Which of the lines below mention the word "FileRow"? Pull each one out.
Exercise material below:
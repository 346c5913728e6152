-- ===== src/Tests/Access.antt =====
-- app/authz.py and the handlers of grants at concrete inputs.
use kb_backend.Prelude.{◌≡◌, refl, true, false, ◌||◌, some, none, [], ◌∷◌, contains, ◌&&◌}
use kb_backend.Http.{ok}
use kb_backend.Authz.{
  Role, owner, editor, viewer, team, me, Principal, AuthDb, resolve, can_write, is_kb_admin,
  is_tenant_admin, member_role, is_admin_role,
}
use kb_backend.Authz.Spec.{by_role, by_grant}
use kb_backend.Authz.Allowed.{resolve_allowed}
use kb_backend.Authz.Roles.{resolve-can_write, in_admin_tenant, granted_at_least}
use kb_backend.Authz.Grants.{principal_of_key, delete_user, is_grantable}
use kb_backend.Authz.Grants.Bulk.{grant_bulk}
use kb_backend.Authz.Grants.Bulk.Targets.{grant_bulk-has_grant, has_grant, is_target}
use kb_backend.Authz.Grants.Members.{Change, update_user, update_user_escalates}
use kb_backend.Authz.{is_tenant_owner}
use kb_backend.Authz.Grants.Access.{revoke_allows}
use kb_backend.Authz.Grants.{revoke, kb_tenant}
use kb_backend.Authz.Sets.{set_add}
use kb_backend.Authz.{
  role_clearance, add_by_role, add_admin_kbs, add_admin_kb, add_grants, live_grants, higher,
  clearance_of, is_live,
}
use kb_backend.Authz.Grants.Effect.{member_of, is_user, delete_user_removes}

-- Tenant 1 has an owner, 10, and an editor, 11, whose grant of base 5 expired at time 50.
abbrev db : AuthDb
db = record {
  members =
      record { user_id = 10; tenant_id = 1; role = owner; department = none; group_name = none }
      ∷ record { user_id = 11; tenant_id = 1; role = editor; department = none; group_name = none }
      ∷ [];
  grants =
      record {
        kb_id = 5;
        user_id = 11;
        role = viewer;
        granted_by = 10;
        expires_at = some 50;
        revoked_at = none;
      }
      ∷ record {
        kb_id = 6;
        user_id = 11;
        role = Role.admin;
        granted_by = 10;
        expires_at = none;
        revoked_at = none;
      }
      ∷ [];
  kbs =
      record { id = 5; tenant_id = 1; name = "plans"; visibility = me }
      ∷ record { id = 6; tenant_id = 1; name = "notes"; visibility = team }
      ∷ [];
  api_keys = record { key_hash = "k11"; tenant_id = 2; user_id = 11; revoked_at = none } ∷ [];
}

abbrev boss : Principal
boss = member_of 1 10

abbrev staff : Principal
staff = member_of 1 11

resolve_allowed_example :
    contains (resolve 60 db staff).allowed_kb_ids 6 ≡ (by_role db staff 6 || by_grant 60 db staff 6)
resolve_allowed_example = resolve_allowed 60 db staff 6

resolve-can_write_example :
    (can_write (resolve 60 db staff) 6
      ≡ (in_admin_tenant db staff 6 || granted_at_least editor 60 db staff 6))
    × (is_kb_admin (resolve 60 db staff) 6
        ≡ (in_admin_tenant db staff 6 || granted_at_least Role.admin 60 db staff 6))
resolve-can_write_example = resolve-can_write 60 db staff 6

deleted : (delete_user 60 db boss 11).0 ≡ ok tt
unfolding delete_user is_tenant_admin member_role is_admin_role
deleted = refl

delete_user_removes_example :
    let db' = (delete_user 60 db boss 11).1 in
    (contains (resolve 70 db' (member_of 1 11)).allowed_kb_ids 6 ≡ false)
    × (is_user 11 (principal_of_key db'.api_keys "k11") ≡ false)
delete_user_removes_example = delete_user_removes 60 70 db boss 11 6 "k11" deleted

boss_admin : is_tenant_admin db boss ≡ true
unfolding is_tenant_admin member_role is_admin_role
boss_admin = refl

boss-is_kb_admin : is_kb_admin (resolve 60 db boss) 5 ≡ true
unfolding is_kb_admin role_clearance resolve add_by_role add_admin_kbs add_admin_kb add_grants
    live_grants member_role is_admin_role higher clearance_of set_add is_live
boss-is_kb_admin = refl

revoked : (revoke 60 db boss 5 11).0 ≡ ok tt
unfolding revoke kb_tenant
revoked = rw (revoke, boss-is_kb_admin) refl

revoke_allows_example :
    let db' = (revoke 60 db boss 5 11).1 in
    contains (resolve 70 db' (member_of 1 11)).allowed_kb_ids 5 ≡ by_role db (member_of 1 11) 5
revoke_allows_example = revoke_allows 60 70 db boss 5 11 1 revoked

bulk_granted :
    (grant_bulk db boss (some editor) (5 ∷ []) none none (11 ∷ 12 ∷ []) false).0
    ≡ ok (some 1, 11 ∷ [])
unfolding grant_bulk is_tenant_admin member_role is_admin_role is_grantable
bulk_granted = refl

grant_bulk-has_grant_example :
    has_grant 5 11
      (grant_bulk db boss (some editor) (5 ∷ []) none none (11 ∷ 12 ∷ []) false).1.grants
    ≡ (has_grant 5 11 db.grants
        || (contains (5 ∷ []) 5 && is_target db.members 1 none none (11 ∷ 12 ∷ []) 11))
grant_bulk-has_grant_example =
    grant_bulk-has_grant db boss (some editor) (5 ∷ []) none none (11 ∷ 12 ∷ []) 1 (11 ∷ []) 5 11
      bulk_granted

abbrev promotion : Change
promotion = record { department = none; group = none; role = some owner }

update_user_escalates_example :
    let (answer, db') = update_user db boss 11 promotion in
    (answer ≡ ok tt) × (is_tenant_owner db' (member_of 1 11) ≡ true)
update_user_escalates_example = update_user_escalates db boss 11 promotion boss_admin refl refl
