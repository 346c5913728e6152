-- ===== src/Tests/Chunks.antt =====
-- The chunks of a small file, with one token for each character.
use Prim.Native.Char.{code}
use Prim.Native.String.{◌++◌}
use kb_backend.Prelude.Strip.{is_space, strip, has_text}
use kb_backend.Ingest.Chunker.{
  Block, BlockType, Setting, chunk_blocks, starts, merge_blocks, visit_all, visit, flush,
  emit_members, add, is_barrier, is_title, emit_slides, slide_loop, apply_delimiter,
}
use kb_backend.Ingest.Chunker.Ordered.{chunk_blocks_numbered, upto}
use kb_backend.Ingest.Chunker.Slides.{starts_cover_all, covers}
use kb_backend.Ingest.Chunker.Delimited.{chunk_blocks_barriers}
use kb_backend.Prelude.{
  ℕ, String, ◌≡◌, refl, true, ◌&&◌, none, some, List, [], ◌∷◌, map, arith, length, filter,
}

codes : String → List ℕ
codes String.[] = []
codes (String.◌∷◌ c s) = code c ∷ codes s

-- the decoding shows a full stop for each token
dots : List ℕ → String
dots [] = ""
dots (n ∷ ns) = "." ++ dots ns

abbrev windows : Setting
windows = record { encode = codes; decode = dots; size = 4; kept = 3; carried = 1 }

abbrev block : BlockType → String → Block ℕ
block kind words = record {
  page = 1;
  text = words;
  section_path = none;
  block_type = kind;
  bbox = none;
  level = none;
}

abbrev blocks : List (Block ℕ)
blocks =
    block BlockType.title "A"
    ∷ block BlockType.text "b c"
    ∷ block BlockType.table " T "
    ∷ block BlockType.text "abcdefgh"
    ∷ block BlockType.text " "
    ∷ block BlockType.figure "F"
    ∷ []

contents_test :
    map (λ c. c.content) (chunk_blocks windows none blocks)
    ≡ "A\nb c" ∷ "T" ∷ "...." ∷ "...." ∷ ".." ∷ "F" ∷ []
unfolding chunk_blocks merge_blocks visit_all visit flush emit_members emit_slides is_barrier
    is_title add apply_delimiter starts slide_loop has_text strip is_space codes dots
contents_test = refl

chunk_blocks_numbered_example :
    map (λ p. p.chunk_order) (chunk_blocks windows (some ";") blocks)
    ≡ upto (length (chunk_blocks windows (some ";") blocks))
chunk_blocks_numbered_example = chunk_blocks_numbered windows (some ";") blocks

chunk_blocks_barriers_example :
    map (λ p. p.content) (filter (λ p. p.skip_summary) (chunk_blocks windows (some ";") blocks))
    ≡ map (λ b. strip (strip b.text)) (filter (λ b. has_text b.text && is_barrier b) blocks)
chunk_blocks_barriers_example = chunk_blocks_barriers windows (some ";") blocks

starts_cover_all_example : covers windows 7 (starts windows 8 8 0) ≡ true
starts_cover_all_example = starts_cover_all windows 8 7 (omega arith) (omega arith) (omega arith)
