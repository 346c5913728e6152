-- ===== src/Tests/Client.antt =====
-- The client library at concrete answers of the server.
use kb_backend.Prelude.{ℕ, zero, suc, ◌+◌, ◌-◌, ◌≤◌, ◌≡◌, refl, true, some, none, if◌then◌else◌}
use kb_backend.Sdk.{
  ErrorClass, Formats, Reply, detail_text, Answer, raised, replied, request, code_of,
}
use kb_backend.Sdk.Retries.{doubling, request-bounds}

abbrev formats : Formats
formats = record { join = λ msgs. "several"; http_status = λ status. "HTTP" }

abbrev reply : ℕ → Reply ℕ
reply status = record {
  status = status;
  detail = detail_text "KB_QUOTA_EXCEEDED";
  request_id = none;
  json = some 5;
}

-- the network fails, then the server, then it answers
abbrev flaky : ℕ → Answer ℕ
flaky zero = raised "network: ConnectError"
flaky (suc zero) = replied (reply 503)
flaky (suc (suc n)) = replied (reply 200)

abbrev down : ℕ → Answer ℕ
down n = replied (reply 503)

request-bounds_example :
    let run = request formats flaky 3 true in
    (1 ≤ run.sent)
    × (run.sent ≤ (if true then 3 + 1 else 1))
    × (run.waits ≡ doubling 0 (run.sent - 1))
request-bounds_example = request-bounds formats flaky 3 true

own_code : (reply 413).detail ≡ detail_text (code_of ErrorClass.quota_exceeded)
unfolding code_of
own_code = refl
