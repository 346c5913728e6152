-- ===== src/Tests/Log.antt =====
-- The audit log at concrete inputs, with stand-ins for Python's library.
use kb_backend.Prelude.{
  ℕ, ◌≡◌, refl, ◌≢◌, true, false, some, none, List, [], ◌∷◌, ◌++◌, or_else, arith,
}
use kb_backend.Audit.Overtaken.{overtaken-verified}
use kb_backend.Audit.{
  read_tail, insert_row, append_audit, chain_tail, nonempty, Payload, AuditRow, Hashing,
  verify_audit_chain, verified, canon_payload, row_hash_of, prev_hex,
}
use kb_backend.Audit.Chain.{append_all, appended-verified}
use kb_backend.Audit.Tampering.{changed_columns_detected}

abbrev pub toy : Hashing
toy = record {
  dumps = λ p. or_else p.user_id 0 ∷ [];
  canon_ip = λ s. s;
  hex = λ b. b;
  sha256 = λ t. t;
}

abbrev entry : ℕ → ℕ → Payload
entry tenant_id user_id = record {
  tenant_id = some tenant_id;
  user_id = some user_id;
  action = "search";
  kb_ids = some (3 ∷ 2 ∷ []);
  query_text = none;
  hit_chunk_ids = none;
  result = "ok";
  request_id = none;
  ip = none;
  user_agent = none;
  detail = none;
}

abbrev calls : List (ℕ × Payload)
calls = (1, entry 1 10) ∷ (2, entry 2 20) ∷ (3, entry 1 11) ∷ (4, entry 1 12) ∷ []

appended-verified_example :
    verified (verify_audit_chain toy (some 1) (append_all toy calls [])) ≡ true
appended-verified_example = appended-verified toy calls (some 1)

abbrev written : AuditRow
written = record { id = 1; fields = entry 1 10; prev_hash = none; row_hash = some (b'|' ∷ 10 ∷ []) }

written_hash :
    written.row_hash ≡ some (row_hash_of toy written.prev_hash (canon_payload toy written.fields))
unfolding row_hash_of prev_hex canon_payload
written_hash = refl

other_text :
    toy.dumps (canon_payload toy (entry 1 99)) ≢ toy.dumps (canon_payload toy written.fields)
unfolding canon_payload
other_text e = ground arith

changed_columns_detected_example :
    verified (verify_audit_chain toy (some 1) ([] ++ (record written { fields = entry 1 99 } ∷ [])))
    ≡ false
changed_columns_detected_example =
    changed_columns_detected toy [] [] written (entry 1 99) (λ x y e. e) written_hash other_text

-- the row 1 is there, an append reads it, and another one inserts the row 2
at_tail : read_tail true (some 1) (written ∷ []) ≡ some (b'|' ∷ 10 ∷ [])
unfolding read_tail chain_tail nonempty
at_tail = refl

other_hash : row_hash_of toy none (canon_payload toy (entry 1 11)) ≢ (b'|' ∷ 10 ∷ [])
unfolding row_hash_of prev_hex canon_payload
other_hash e = ground arith

overtaken-verified_example :
    verified (
      verify_audit_chain toy (some 1) (
        insert_row toy 3
          (read_tail true (some 1) (written ∷ []))
          (entry 1 12)
          (append_audit toy false 2 (entry 1 11) (written ∷ []))))
    ≡ false
overtaken-verified_example =
    overtaken-verified toy (written ∷ []) 2 3 (entry 1 12) (entry 1 11) (b'|' ∷ 10 ∷ []) refl
      at_tail other_hash
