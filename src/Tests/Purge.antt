-- ===== src/Tests/Purge.antt =====
-- The purge of superseded versions at concrete inputs.
use kb_backend.Prelude.{ℕ, ◌≡◌, refl, true, false, some, none, [], ◌∷◌}
use kb_backend.Prelude.Int.{pos}
use kb_backend.Es.{Store, empty_doc, fake_es}
use kb_backend.Relay.{pending_count}
use kb_backend.Db.{FileRow, ChunkRow, World, Env, file_of}
use kb_backend.Gc.{lockstep, purge_file_versions, project_file}
use kb_backend.Gc.Keeps.{Keeps, purge-Keeps, removed, dry_run_predicts}
use kb_backend.Tests.Log.{toy}

abbrev pub file : FileRow
file = record {
  id = 7;
  tenant_id = 1;
  storage_key = "a.pdf";
  name = "a.pdf";
  content_hash = 77;
  mime = none;
  parser_type = some "naive";
  parser_config = none;
  size_bytes = some 100;
  page_count = none;
  summary_enabled = false;
  active_doc_version = some 2;
  active_chunk_version = some 2;
  active_summary_version = some 2;
  active_anchor_version = some 2;
  status = "active";
  owner_user_id = none;
  created_at = 5;
}

abbrev pub chunk : ℕ → ℕ → ChunkRow
chunk id version = record {
  id = id;
  file_id = 7;
  tenant_id = 1;
  doc_version = version;
  chunk_order = 0;
  content = "text";
  section_path = none;
  page_num = 1;
  chunk_version = version;
  content_hash = 100;
  simhash = pos 0;
  available = 1;
}

abbrev pub world : World ℕ (Store ℕ)
world = record {
  pg = record {
    files = file ∷ [];
    chunks = chunk 1 1 ∷ chunk 2 2 ∷ [];
    summaries = [];
    anchors = [];
    versions = [];
    usage = [];
    file_kbs = [];
    kbs = [];
    outbox = [];
    audit_log = [];
    audit_seq = 1;
  };
  es = (1, empty_doc) ∷ (2, empty_doc) ∷ [];
}

abbrev pub env : Env
env = record {
  now = 10;
  file_lock = λ fid. true;
  audit_lock = λ t. true;
  hashing = toy;
  max_attempts = 3;
}

found : file_of world.pg.files 7 1 ≡ some file
unfolding file_of
found = refl

in_step : lockstep file ≡ some 2
unfolding lockstep
in_step = refl

quiet : pending_count (some 7) world.pg.outbox ≡ 0
unfolding pending_count
quiet = refl

purge-Keeps_example : Keeps 1 7 2 world.pg (purge_file_versions env fake_es 1 none 1 7 world).0.pg
purge-Keeps_example = purge-Keeps env fake_es 1 none 1 7 2 file world found in_step

dry_run_predicts_example :
    removed (purge_file_versions env fake_es 1 none 1 7 world).1
    ≡ removed (project_file world.pg 1 1 7)
dry_run_predicts_example = dry_run_predicts env fake_es 1 none 1 7 world refl quiet
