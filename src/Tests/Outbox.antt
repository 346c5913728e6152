-- ===== src/Tests/Outbox.antt =====
-- The outbox of app/indexing/relay.py at concrete inputs.
use kb_backend.Prelude.{ℕ, ◌+◌, ◌≡◌, refl, some, [], ◌∷◌, lookup, inl}
use kb_backend.Es.{Doc, Store, empty_doc, fake_es, fake_index, fake_get, fake_delete}
use kb_backend.Relay.{
  Outbox, index, set_available, delete, other, emit, pending_count, publish, drain, drain_rows,
  drain_row, publish_available, publish_delete, is_pending,
}
use kb_backend.Relay.Accounts.{drain_accounts, AllConsistent}
use kb_backend.Relay.Effects.{effects}
use kb_backend.Relay.Drain.{AllKnown, pending_events, drain_publishes}

abbrev old_doc : Doc ℕ
old_doc = record empty_doc {
  content_tks = some "old";
  chunk_version_int = some 1;
  available_int = some 1;
}

abbrev new_doc : Doc ℕ
new_doc = record empty_doc {
  content_tks = some "new";
  chunk_version_int = some 2;
  available_int = some 0;
}

abbrev docs : Store ℕ
docs = (1, old_doc) ∷ []

-- the events of an update of file 7, and one of file 8
abbrev pub update_rows : Outbox ℕ
update_rows =
    emit 7 (index 2 new_doc)
    ∷ emit 8 (delete (1 ∷ []) "other file")
    ∷ emit 7 (set_available (2 ∷ []) 1)
    ∷ emit 7 (set_available (1 ∷ []) 0)
    ∷ []

abbrev bad_rows : Outbox ℕ
bad_rows = emit 7 (other "reindex") ∷ update_rows

pub update_rows-AllKnown : AllKnown update_rows
unfolding emit
update_rows-AllKnown = (tt, (tt, (tt, (tt, tt))))

bad_rows-AllConsistent : AllConsistent 1 bad_rows
unfolding emit
bad_rows-AllConsistent = (
  (refl, inl refl),
  ((refl, inl refl), ((refl, inl refl), ((refl, inl refl), ((refl, inl refl), tt)))),
)

drain_publishes_example :
    let (rows', docs', d) = drain fake_es 3 10 (some 7) update_rows docs in
    (d.published ≡ pending_count (some 7) update_rows)
    × (d.remaining ≡ 0)
    × (pending_count (some 7) rows' ≡ 0)
    × ((j : ℕ) → lookup j docs' ≡ effects (pending_events (some 7) update_rows) j (lookup j docs))
drain_publishes_example = drain_publishes 3 10 (some 7) update_rows docs update_rows-AllKnown

drain_accounts_example :
    let (rows', _, d) = drain fake_es 1 10 (some 7) bad_rows docs in
    (d.published + d.failed ≡ pending_count (some 7) bad_rows)
    × (d.remaining ≡ d.failed)
    × (pending_count (some 7) rows' ≡ d.remaining)
drain_accounts_example = drain_accounts fake_es 1 10 (some 7) bad_rows docs

-- A row of an unknown type fails, the others are published, and one is left pending.
drain-bad_rows :
    let d = (drain fake_es 1 10 (some 7) bad_rows docs).2 in
    (d.published ≡ 3) × (d.failed ≡ 1) × (d.remaining ≡ 1)
unfolding drain drain_rows drain_row publish publish_available publish_delete is_pending
    pending_count emit fake_index fake_get fake_delete
drain-bad_rows = (refl, refl, refl)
End of Exercise material.
*Reply*.
use kb_backend.Db.{FileRow, ChunkRow, World, Env, file_of}
abbrev pub file : FileRow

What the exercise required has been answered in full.